** Stored data follows **
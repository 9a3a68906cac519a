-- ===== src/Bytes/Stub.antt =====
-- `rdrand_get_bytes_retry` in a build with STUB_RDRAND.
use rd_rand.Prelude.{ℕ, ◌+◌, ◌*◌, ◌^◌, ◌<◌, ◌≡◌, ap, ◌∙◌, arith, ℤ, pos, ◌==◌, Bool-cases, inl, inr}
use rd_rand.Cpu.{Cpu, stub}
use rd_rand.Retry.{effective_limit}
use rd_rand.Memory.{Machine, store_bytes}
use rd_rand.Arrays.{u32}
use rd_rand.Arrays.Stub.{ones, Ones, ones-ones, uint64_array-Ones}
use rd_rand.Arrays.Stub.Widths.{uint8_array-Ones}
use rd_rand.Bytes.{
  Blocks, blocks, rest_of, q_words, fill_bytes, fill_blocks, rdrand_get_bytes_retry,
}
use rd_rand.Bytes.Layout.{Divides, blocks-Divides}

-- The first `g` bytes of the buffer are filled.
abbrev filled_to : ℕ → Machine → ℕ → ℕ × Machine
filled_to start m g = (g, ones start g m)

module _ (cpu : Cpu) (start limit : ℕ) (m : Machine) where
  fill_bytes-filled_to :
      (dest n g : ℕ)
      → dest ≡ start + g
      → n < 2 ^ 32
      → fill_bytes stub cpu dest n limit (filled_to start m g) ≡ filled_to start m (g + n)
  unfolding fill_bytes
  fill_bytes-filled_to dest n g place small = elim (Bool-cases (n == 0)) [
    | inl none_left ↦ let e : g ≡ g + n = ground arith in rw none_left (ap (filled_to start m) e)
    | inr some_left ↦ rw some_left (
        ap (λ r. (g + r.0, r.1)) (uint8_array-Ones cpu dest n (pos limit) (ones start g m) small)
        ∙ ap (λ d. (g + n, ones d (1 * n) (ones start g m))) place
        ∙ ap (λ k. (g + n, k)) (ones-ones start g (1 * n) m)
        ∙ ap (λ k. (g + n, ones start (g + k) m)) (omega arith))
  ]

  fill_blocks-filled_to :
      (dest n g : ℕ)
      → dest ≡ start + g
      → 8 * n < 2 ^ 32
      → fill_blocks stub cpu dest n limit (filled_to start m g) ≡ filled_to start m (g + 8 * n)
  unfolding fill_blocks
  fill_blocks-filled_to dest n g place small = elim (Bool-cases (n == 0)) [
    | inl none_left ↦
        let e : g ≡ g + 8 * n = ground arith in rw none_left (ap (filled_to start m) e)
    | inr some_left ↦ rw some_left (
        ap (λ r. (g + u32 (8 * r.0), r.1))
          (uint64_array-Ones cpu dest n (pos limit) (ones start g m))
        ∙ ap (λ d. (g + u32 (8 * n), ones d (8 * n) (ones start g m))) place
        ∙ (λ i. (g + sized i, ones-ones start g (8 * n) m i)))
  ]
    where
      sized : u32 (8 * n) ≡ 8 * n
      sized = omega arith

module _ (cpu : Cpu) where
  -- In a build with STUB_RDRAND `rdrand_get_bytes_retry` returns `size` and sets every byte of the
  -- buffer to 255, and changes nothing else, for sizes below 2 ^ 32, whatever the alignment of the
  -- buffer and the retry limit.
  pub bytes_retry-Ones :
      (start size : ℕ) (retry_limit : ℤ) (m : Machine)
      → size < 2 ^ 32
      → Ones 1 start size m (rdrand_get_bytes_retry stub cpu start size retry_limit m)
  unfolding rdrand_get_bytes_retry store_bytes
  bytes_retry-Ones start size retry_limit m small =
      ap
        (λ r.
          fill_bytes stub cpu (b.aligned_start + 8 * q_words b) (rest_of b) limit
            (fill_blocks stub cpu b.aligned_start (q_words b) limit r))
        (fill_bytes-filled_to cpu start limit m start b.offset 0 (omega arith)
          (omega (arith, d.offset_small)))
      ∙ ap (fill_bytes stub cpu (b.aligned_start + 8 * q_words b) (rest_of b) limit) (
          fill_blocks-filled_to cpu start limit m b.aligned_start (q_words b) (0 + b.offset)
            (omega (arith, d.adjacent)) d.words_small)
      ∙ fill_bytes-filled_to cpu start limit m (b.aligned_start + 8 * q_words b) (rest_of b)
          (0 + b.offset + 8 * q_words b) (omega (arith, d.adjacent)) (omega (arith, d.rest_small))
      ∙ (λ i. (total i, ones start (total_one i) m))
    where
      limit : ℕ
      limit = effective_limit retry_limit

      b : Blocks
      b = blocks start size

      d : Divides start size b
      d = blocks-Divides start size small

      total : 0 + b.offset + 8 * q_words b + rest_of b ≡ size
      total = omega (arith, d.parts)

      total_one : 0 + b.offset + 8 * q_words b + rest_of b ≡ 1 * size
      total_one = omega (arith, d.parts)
** End of Stored data **
### [Your assignment]
Where a line above includes "Divides", copy that line.

### [Answer space]
use rd_rand.Bytes.Layout.{Divides, blocks-Divides}
      d : Divides start size b
      d = blocks-Divides start size small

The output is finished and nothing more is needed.